# [TASK ITEM]
Below are entries; copy exactly the lines from the one with "map_role_oidc-IsHighest equal_fold group_roles" through the one with "(good.exhausted ≡ false)", both included, and leave out the rest.

☆ ☆ ☆

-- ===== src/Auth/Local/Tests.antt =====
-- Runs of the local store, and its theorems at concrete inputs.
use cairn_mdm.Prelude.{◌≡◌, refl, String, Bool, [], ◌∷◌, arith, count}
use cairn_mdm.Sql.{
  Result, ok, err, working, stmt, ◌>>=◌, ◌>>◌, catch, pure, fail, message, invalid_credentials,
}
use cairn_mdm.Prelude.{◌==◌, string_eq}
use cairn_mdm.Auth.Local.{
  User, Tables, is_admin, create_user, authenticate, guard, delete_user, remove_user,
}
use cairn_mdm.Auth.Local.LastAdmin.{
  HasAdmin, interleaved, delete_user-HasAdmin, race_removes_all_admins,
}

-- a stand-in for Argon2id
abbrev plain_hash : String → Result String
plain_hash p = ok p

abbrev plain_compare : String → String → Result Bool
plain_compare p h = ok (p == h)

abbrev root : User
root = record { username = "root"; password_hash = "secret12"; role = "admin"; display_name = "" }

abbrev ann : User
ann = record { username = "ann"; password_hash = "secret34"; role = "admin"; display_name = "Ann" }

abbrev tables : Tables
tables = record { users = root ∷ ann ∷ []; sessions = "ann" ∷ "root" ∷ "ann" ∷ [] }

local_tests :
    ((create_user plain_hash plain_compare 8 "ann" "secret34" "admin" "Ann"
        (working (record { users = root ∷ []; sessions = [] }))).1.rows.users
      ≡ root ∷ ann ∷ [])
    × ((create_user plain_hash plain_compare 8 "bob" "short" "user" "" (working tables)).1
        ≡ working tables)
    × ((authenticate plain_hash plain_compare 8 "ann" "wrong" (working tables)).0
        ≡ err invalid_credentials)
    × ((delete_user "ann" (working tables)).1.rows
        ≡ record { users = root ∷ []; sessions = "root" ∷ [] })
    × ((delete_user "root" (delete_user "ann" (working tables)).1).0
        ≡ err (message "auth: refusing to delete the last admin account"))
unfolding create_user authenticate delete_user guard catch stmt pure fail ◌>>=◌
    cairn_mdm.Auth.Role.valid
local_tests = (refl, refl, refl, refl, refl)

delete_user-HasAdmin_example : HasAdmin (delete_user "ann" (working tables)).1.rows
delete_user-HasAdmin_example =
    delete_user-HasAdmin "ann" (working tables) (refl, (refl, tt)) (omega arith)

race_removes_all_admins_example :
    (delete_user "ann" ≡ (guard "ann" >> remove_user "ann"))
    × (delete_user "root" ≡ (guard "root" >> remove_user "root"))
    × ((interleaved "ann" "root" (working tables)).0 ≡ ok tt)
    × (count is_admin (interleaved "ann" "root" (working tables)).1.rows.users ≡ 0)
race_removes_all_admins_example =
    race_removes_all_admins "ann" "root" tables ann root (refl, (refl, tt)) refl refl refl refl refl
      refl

☆ ☆ ☆

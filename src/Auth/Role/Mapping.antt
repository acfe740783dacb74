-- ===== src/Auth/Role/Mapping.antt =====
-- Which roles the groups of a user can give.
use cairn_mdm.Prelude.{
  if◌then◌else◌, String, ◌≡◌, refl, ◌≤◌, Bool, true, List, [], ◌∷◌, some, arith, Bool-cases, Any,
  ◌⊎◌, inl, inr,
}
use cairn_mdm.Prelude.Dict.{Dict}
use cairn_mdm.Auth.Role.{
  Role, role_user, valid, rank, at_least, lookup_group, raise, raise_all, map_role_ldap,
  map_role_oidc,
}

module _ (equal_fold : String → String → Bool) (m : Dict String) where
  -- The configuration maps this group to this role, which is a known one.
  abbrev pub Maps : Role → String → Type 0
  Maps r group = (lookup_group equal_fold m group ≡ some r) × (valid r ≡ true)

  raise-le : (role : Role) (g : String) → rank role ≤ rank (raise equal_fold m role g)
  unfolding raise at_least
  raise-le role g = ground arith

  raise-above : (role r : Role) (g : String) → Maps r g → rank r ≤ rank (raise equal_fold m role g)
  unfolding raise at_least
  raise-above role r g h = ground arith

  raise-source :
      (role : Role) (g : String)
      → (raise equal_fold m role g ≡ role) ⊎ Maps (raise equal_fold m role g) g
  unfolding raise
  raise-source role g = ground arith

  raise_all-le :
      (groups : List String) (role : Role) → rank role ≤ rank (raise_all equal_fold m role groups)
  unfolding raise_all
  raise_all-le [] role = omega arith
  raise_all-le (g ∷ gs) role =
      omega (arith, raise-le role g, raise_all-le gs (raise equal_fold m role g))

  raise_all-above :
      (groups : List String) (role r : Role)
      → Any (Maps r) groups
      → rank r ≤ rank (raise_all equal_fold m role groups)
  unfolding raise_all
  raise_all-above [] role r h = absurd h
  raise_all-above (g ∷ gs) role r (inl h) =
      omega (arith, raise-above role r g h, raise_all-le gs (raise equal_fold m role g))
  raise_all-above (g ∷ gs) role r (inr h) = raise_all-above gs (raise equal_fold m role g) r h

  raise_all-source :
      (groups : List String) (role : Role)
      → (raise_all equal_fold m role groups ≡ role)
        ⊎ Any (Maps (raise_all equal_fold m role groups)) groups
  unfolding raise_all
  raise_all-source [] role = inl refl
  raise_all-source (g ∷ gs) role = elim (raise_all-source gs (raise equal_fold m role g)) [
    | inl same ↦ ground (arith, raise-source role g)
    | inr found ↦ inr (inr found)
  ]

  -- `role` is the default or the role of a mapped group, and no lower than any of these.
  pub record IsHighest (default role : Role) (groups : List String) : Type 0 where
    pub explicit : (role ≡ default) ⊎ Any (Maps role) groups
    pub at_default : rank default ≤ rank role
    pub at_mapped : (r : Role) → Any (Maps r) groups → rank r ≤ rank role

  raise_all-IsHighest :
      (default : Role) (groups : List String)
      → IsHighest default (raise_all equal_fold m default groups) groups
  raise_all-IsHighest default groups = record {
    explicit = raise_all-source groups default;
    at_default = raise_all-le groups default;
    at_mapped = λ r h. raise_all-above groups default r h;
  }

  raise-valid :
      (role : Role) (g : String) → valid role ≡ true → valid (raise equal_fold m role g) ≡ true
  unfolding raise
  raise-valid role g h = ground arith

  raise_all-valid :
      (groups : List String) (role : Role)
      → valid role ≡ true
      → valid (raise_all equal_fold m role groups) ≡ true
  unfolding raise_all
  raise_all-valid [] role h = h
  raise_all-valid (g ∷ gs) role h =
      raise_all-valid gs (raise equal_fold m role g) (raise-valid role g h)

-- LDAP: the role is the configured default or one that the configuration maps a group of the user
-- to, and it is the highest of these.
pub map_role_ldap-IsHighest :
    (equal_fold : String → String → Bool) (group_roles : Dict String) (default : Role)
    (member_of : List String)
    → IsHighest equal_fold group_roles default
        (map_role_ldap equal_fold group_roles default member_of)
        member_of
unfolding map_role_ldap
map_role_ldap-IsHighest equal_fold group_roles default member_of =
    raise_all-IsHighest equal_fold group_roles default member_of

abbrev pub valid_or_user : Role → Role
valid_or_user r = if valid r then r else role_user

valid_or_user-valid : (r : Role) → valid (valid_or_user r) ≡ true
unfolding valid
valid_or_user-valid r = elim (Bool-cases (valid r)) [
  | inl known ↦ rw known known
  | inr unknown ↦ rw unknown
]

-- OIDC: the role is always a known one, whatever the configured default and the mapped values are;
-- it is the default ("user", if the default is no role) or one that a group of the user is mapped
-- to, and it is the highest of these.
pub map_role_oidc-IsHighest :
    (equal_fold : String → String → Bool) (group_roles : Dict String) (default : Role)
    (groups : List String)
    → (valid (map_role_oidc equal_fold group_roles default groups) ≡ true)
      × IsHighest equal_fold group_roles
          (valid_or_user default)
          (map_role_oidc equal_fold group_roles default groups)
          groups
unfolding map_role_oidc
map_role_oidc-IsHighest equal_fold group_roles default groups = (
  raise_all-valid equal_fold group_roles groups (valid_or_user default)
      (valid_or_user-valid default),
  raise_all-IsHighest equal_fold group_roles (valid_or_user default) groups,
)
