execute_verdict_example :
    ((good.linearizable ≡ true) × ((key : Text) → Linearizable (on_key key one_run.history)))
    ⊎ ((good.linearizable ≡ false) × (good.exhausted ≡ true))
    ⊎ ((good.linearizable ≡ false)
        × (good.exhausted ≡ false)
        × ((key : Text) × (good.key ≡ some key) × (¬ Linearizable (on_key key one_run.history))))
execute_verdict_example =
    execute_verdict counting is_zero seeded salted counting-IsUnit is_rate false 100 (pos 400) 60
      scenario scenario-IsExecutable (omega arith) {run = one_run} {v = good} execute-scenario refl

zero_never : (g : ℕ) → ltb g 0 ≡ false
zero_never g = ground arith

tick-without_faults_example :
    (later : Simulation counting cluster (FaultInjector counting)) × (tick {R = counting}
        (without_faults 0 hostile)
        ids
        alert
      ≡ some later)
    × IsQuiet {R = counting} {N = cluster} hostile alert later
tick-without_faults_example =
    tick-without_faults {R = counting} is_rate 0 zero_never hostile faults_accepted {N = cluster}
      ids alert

☆ ☆ ☆

# [WRITTEN ANSWER]
map_role_oidc-IsHighest equal_fold group_roles default groups = (
  raise_all-valid equal_fold group_roles groups (valid_or_user default)
      (valid_or_user-valid default),
  raise_all-IsHighest equal_fold group_roles (valid_or_user default) groups,
)
execute_verdict_example :
    ((good.linearizable ≡ true) × ((key : Text) → Linearizable (on_key key one_run.history)))
    ⊎ ((good.linearizable ≡ false) × (good.exhausted ≡ true))
    ⊎ ((good.linearizable ≡ false)
        × (good.exhausted ≡ false)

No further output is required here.